Enough to make it impractical to govern the countries conventionally,
develop the economy and generally reap the benefits of a free society.
They would seem to have such numbers.

> It has been known for centuries that a small dedicated guerilla force
> can do damage way out of proportion to its size, the current
> situation in Iraq is no exception to that.

Yes. You also need to consider what fraction of the population is
backing them in ways that don't involve firing guns or building IEDs.
This ranges from keeping lookout and making 'phone calls when
interesting things come along the road to feeding them, providing safe
houses, etc, etc. And that's a much larger fraction of the population.
Then you want to consider what fraction of the population is positively
on the US side and willing and able to help. And that's quite small,
because when they speak up, or get spotted helping, someone shoots them,
and the US can't do much about it.

> The problem in Iraq is that due to the political situation it is
> deemed unacceptable to effectively wipe out the guerilleros by
> employing overwhelming power in large scale operations.

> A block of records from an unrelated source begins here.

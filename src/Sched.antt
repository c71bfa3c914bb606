-- ===== src/Sched.antt =====
-- src/core/sched.c: the process table, the scheduler, the alarms and sleep. A `proc_t *` is named by
-- its pid, `proc_head` is the sequence of the pids on it, and `current` is part of the state: a
-- switch of context changes it. One CPU; `proc_head_lock` makes each call one step.
pub mod Queue
pub mod Pick
pub mod Fair
pub mod Alarm
pub mod Hash
pub mod Frame
mod Examples
use fat.Prelude.{
  ℕ, zero, suc, ◌+◌, ◌-◌, ◌*◌, ◌/◌, ◌%◌, ◌^◌, Bool, true, false, Option, none, some, List, [], ◌∷◌,
  ◌++◌, ◌==◌, if◌then◌else◌,
}

-- `PROC_RUNNABLE` and so on.
pub data State : Type 0 where
  runnable running sending receiving stopped : State

-- A message: who sent it, its `MSG_` number, and its union as one number.
pub record Message : Type 0 where
  pub src : ℕ
  pub type : ℕ
  pub body : ℕ

-- The fields of `proc_t` that scheduling and messages use. `flags` is its bits `PF_IDLE` and
-- `NEED_SCHEDULE`.
pub record Proc : Type 0 where
  pub state : State
  pub is_idle : Bool
  pub need_schedule : Bool
  pub counter : ℕ
  pub alarm : ℕ
  pub wait : ℕ
  pub wait_proc : List ℕ
  pub has_intr : Bool
  pub msg : Message

pub record Kernel : Type 0 where
  pub procs : ℕ → Proc
  pub proc_head : List ℕ
  pub hash_map : ℕ → List ℕ
  pub current : ℕ

-- A write to the fields of one process.
abbrev pub modify : ℕ → (Proc → Proc) → Kernel → Kernel
modify p f k = record k { procs = λ q. if q == p then f (k.procs q) else k.procs q }

abbrev pub proc_hash_map_size : ℕ
proc_hash_map_size = 256

unfoldable pub find_pid : ℕ → List ℕ → Option ℕ
find_pid pid [] = none
find_pid pid (pos ∷ l) = if pos == pid then some pos else find_pid pid l

unfoldable pub map_proc : ℕ → Kernel → Option ℕ
unfolding find_pid
map_proc pid k = find_pid pid (k.hash_map (pid % proc_hash_map_size))

-- `list_del` of the entry.
unfoldable pub remove : ℕ → List ℕ → List ℕ
remove p [] = []
remove p (q ∷ l) = if q == p then l else q ∷ remove p l

set_bucket : ℕ → (List ℕ → List ℕ) → Kernel → Kernel
set_bucket pid f k = record k {
  hash_map = λ i. if i == pid % proc_hash_map_size then f (k.hash_map i) else k.hash_map i;
}

-- `assert(proc->pid != 0)` stops the kernel: `none`.
pub hash_proc : ℕ → Kernel → Option Kernel
unfolding set_bucket
hash_proc pid k = if pid == 0 then none else some (set_bucket pid (λ l. l ++ pid ∷ []) k)

pub unmap_proc : ℕ → Kernel → Kernel
unfolding set_bucket
unmap_proc pid k = elim (map_proc pid k) [ none ↦ k | some p ↦ set_bucket pid (remove p) k ]

unfoldable pub is_runnable : State → Bool
is_runnable runnable = true
is_runnable _ = false

-- `if (prev->state == PROC_RUNNING) prev->state = PROC_RUNNABLE`
abbrev preempt : State → State
preempt running = runnable
preempt s = s

-- The first runnable process of the queue.
unfoldable pub first_runnable : (ℕ → Proc) → List ℕ → Option ℕ
unfolding is_runnable
first_runnable procs [] = none
first_runnable procs (p ∷ l) =
    if is_runnable (procs p).state then some p else first_runnable procs l

-- `prev` loses its turn.
unfoldable pub put_prev : Kernel → Kernel
put_prev k =
    let prev = k.current in
    let k' = modify prev (λ p. record p { need_schedule = false; state = preempt p.state }) k in
    if (k.procs prev).is_idle
    then k'
    else record k' { proc_head = remove prev k'.proc_head ++ prev ∷ [] }

-- `next` gets it; `idle` is the idle process of the CPU.
unfoldable pub switch_to : ℕ → Option ℕ → Kernel → Kernel
switch_to idle none k = modify idle (λ p. record p { counter = 1 }) (record k { current = idle })
switch_to idle (some next) k =
    modify next (λ p. record p { state = running; counter = 1 }) (record k { current = next })

unfoldable pub schedule : ℕ → Kernel → Kernel
schedule idle k = let k' = put_prev k in switch_to idle (first_runnable k'.procs k'.proc_head) k'

-- The alarm of one process, a tick later.
pub tick_alarm : Proc → Proc
tick_alarm p =
    if p.alarm == 0
    then p
    else if p.alarm - 1 == 0
    then record p { alarm = 0; state = running }
    else record p { alarm = p.alarm - 1 }

update_alarms : List ℕ → Kernel → Kernel
unfolding tick_alarm
update_alarms [] k = k
update_alarms (p ∷ l) k = update_alarms l (modify p tick_alarm k)

pub update_alarm : Kernel → Kernel
unfolding update_alarms
update_alarm k = update_alarms k.proc_head k

abbrev hz : ℕ
hz = 100

fall_asleep : ℕ → ℕ → Kernel → Kernel
fall_asleep idle alarm k =
    schedule idle (modify k.current (λ p. record p { alarm = alarm; state = sending }) k)

-- Sleep for `t` seconds (type 0) or milliseconds (type 1); `none` is the error, which does nothing.
sys_sleep : ℕ → ℕ → ℕ → Kernel → Option Kernel
unfolding fall_asleep
sys_sleep idle type t k =
    if type == 0
    then some (fall_asleep idle (t * hz % 2 ^ 64) k)
    else if type == 1
    then some (fall_asleep idle (t / (1000 / hz)) k)
    else none

unfoldable pub sys_pause : ℕ → Kernel → Kernel
sys_pause idle k = schedule idle (modify k.current (λ p. record p { state = sending }) k)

Yes. Because when you do it, you create more of them, because of the
people who have been pushed too far in assorted ways, some of which
aren't significant at all to Americans or other westerners, but make an
Arab feel that he must take revenge or die trying. The US Army and
Marine Corps are finally getting to grips with this idea, as expounded
in the new field manual. But they've done an awful lot of damage in the
mean time.

One of the simplest examples: a squad comes into an Iraqi's house,
either by busting in or knocking and letting the door be answered. Once
inside, they push the head of the family to the floor in front of his
wife and/or children. To a westerner this is a minor, if real,
humiliation. Unfortunately, to an Arab, it is a killing insult. He does
not have the freedom to be an inferior position in his home in front of
his family: he has been unmanned by this. It's at least as embarrassing
as it would be for a US marine NCO to be found in the back room of a
leather bar, wearing a dress and make-up, by the Air Force Security
Police.

You may feel that's a crazy way for the Arabs to feel. It seems that way
to me. Unfortunately, it's also a fact that that's the way they do feel,
and if you want to change it, you will have to occupy their country,
imposing a different culture by main force, for about three generations.

> Effectively the process of routing them out has been turned into a
> civilian police style operation rather than a military style seize
> and occupy operation.

Yes. The reasons that isn't going to work, in its current form, are
rather more subtle. The population do not recognise the cause of the
occupation as being just - "you got rid of Sadam, if that was all you
wanted, why are you still here?" All the things that tended to tear Iraq
apart, and were only restrained by Sadam's repression are still there,
with decades of pent-up pressure. And Syria's and Iran's prices for
helping - which might well not work anyway - are going to be too high
for the USA to pay.

> The same happened in Vietnam and failed miserably there. Israel under
> international pressure tried the same agains the PLO and failed
> miserably as well. The Germans in WW2 tried the same against the
> French resistance and failed miserably.

For all three of those, neither military-style occupation nor civilian-
style policing worked. The "blame the Iraqis" spin is already well
underway. That's probably what's going to be used to cover a withdrawal.

Bush talked today about increasing the size of the US Army & Marine
Corps. He isn't going to get enough volunteers to increase them to the
needed size - enough to sustain about half a million troops in-country -
and if he institutes conscription, the Republicans will lose the 2008
elections thoroughly. Since US domestic politics ultimately matter more
to the US government than overseas entanglements, a pull-out is the only
obvious answer. I'm not saying that some clever plan couldn't be hatched
to settle this all acceptably all round. But it's going to have to be
damn clever.

--
John Dallman, , HTML mail is treated as probable spam.